Data excerpts:
>>>
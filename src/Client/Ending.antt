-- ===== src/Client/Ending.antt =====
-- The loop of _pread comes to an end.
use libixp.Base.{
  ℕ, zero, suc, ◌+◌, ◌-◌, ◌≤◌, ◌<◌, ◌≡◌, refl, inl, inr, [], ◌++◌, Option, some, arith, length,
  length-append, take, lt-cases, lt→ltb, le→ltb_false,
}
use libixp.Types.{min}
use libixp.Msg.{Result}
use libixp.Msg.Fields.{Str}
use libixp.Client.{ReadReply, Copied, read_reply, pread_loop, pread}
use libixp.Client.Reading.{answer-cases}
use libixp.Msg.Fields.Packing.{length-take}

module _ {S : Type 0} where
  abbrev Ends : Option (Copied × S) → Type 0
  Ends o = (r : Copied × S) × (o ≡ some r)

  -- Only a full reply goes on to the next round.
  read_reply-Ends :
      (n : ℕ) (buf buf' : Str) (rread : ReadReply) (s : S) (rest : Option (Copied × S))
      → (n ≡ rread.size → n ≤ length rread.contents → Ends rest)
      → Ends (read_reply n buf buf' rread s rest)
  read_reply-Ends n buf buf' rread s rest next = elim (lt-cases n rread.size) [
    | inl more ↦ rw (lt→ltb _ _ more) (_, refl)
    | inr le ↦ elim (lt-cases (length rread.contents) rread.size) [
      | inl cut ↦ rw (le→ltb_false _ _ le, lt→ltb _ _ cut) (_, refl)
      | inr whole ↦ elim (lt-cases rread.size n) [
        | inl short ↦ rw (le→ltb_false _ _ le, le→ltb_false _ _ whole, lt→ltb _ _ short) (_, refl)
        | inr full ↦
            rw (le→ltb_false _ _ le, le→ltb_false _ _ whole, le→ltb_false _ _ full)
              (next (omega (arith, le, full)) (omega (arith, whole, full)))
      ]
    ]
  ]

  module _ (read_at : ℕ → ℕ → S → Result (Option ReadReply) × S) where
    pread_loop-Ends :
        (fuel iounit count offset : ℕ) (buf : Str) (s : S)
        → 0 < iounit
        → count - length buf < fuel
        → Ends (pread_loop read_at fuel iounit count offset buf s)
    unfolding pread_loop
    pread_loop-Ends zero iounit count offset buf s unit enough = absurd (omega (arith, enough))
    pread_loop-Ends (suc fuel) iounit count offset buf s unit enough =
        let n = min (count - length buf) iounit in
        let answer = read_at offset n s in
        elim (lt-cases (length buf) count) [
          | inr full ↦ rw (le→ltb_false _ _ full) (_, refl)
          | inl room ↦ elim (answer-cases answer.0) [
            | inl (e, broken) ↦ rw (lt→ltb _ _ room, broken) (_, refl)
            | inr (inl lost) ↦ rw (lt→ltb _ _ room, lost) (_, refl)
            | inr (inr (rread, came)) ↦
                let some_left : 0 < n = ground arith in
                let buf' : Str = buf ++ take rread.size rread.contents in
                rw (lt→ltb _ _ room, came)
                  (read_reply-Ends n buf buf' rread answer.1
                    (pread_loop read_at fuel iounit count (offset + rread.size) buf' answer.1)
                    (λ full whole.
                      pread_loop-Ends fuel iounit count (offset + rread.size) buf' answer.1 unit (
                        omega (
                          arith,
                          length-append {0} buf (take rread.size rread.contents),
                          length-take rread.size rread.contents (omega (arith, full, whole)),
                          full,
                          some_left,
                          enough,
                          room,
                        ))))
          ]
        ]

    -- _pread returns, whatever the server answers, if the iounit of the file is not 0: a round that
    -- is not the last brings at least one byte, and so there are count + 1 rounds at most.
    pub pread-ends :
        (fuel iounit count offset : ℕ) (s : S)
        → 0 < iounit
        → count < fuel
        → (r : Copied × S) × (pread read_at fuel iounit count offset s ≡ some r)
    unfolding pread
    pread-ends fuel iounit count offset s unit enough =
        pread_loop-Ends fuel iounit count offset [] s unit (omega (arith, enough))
<<<
Could you find each line in the entries that contains the string "where" and copy it?

module _ {S : Type 0} where
  module _ (read_at : ℕ → ℕ → S → Result (Option ReadReply) × S) where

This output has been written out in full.